The information provided by the 4w-SM may be clinically relevant as well. In the validation group, a score of 3.20 had 92% PPV, 71% sensitivity, and 93% specificity for SVR. It should be noted that this model predicted SVR more accurately than clearance of HCV RNA at week 4. Thus, patients with a 4-week score below 3.20—who represent 37% of all patients from our validation group—had a very high chance of developing SVR after a standard 48-week treatment. A low 4w-SM score may be appropriate to select candidates for evaluation of less aggressive therapies in future trials.
On the contrary, the PPV for non-SVR of a 4w-SM score of 5.60 was 97%, with 53% sensitivity and 98% specificity. Thus, more than one half of nonsustained responders can accurately be identified as soon as the fourth week of therapy. This model was more accurate than persistence of detectable HCV RNA at week 4 of therapy for prediction of non-SVR. This information may be valuable to consider discontinuation of therapy after 4 weeks of treatment in more than one half of nonsustained responders.
Our models have some limitations. Response cannot be predicted in the subset of patients with intermediate score values that were found in approximately one half of the total patient population at baseline and in 33% of the cases after 4 weeks of treatment. In these patients, therapy should be administered for at least 12 weeks, at which time a decision may be made based on measurement of HCV RNA decline. It must also be noted that this study was performed in treatment-naïve, Caucasian, genotype 1–infected patients who received weight-adjusted doses of pegylated interferon α-2b plus ribavirin for 48 weeks; therefore, our findings may not apply to other populations of patients, nor can they be extended to other therapeutic schedules. Furthermore, our models may not be applicable in subjects undergoing therapy for high cholesterol serum levels.

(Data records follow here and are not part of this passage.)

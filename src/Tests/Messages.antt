-- ===== src/Tests/Messages.antt =====
-- Instances of the theorems on messages.
use ngrok.Prelude.{ℕ, ◌<◌, ◌≤◌, [], ◌∷◌, ◌++◌, ◌≡◌, arith, length}
use ngrok.Msg.Frame.{Bytes, max_msg_size, ok, read_msg_shared, write_frame}
use ngrok.Msg.Frame.RoundTrip.{read-write_frame, spelled, read_msg_shared-ok}

abbrev three : Bytes
three = 1 ∷ 2 ∷ 3 ∷ []

abbrev after : Bytes
after = 9 ∷ []

read-write_frame_example : read_msg_shared (write_frame three ++ after) ≡ ok (three, after)
read-write_frame_example = read-write_frame three after (omega arith) (omega arith)

read_msg_shared-ok_example :
    (0 < length three)
    × (length three ≤ max_msg_size)
    × ((b0 b1 b2 b3 b4 b5 b6 b7 : ℕ) × (length three ≡ spelled b0 b1 b2 b3 b4 b5 b6 b7)
        × (write_frame three ++ after ≡ b0 ∷ b1 ∷ b2 ∷ b3 ∷ b4 ∷ b5 ∷ b6 ∷ b7 ∷ (three ++ after)))
read_msg_shared-ok_example =
    read_msg_shared-ok (write_frame three ++ after) three after
      (read-write_frame three after (omega arith) (omega arith))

In conclusion, although new antiviral agents are under development, major changes in the treatment of chronic HCV infection are not expected in the near future. Therefore, new strategies for better use of currently available drugs are necessary. In this way, tailored treatments on an individual basis may be useful to improve efficacy and minimize side effects and cost. The predictive models reported here can be useful to this end.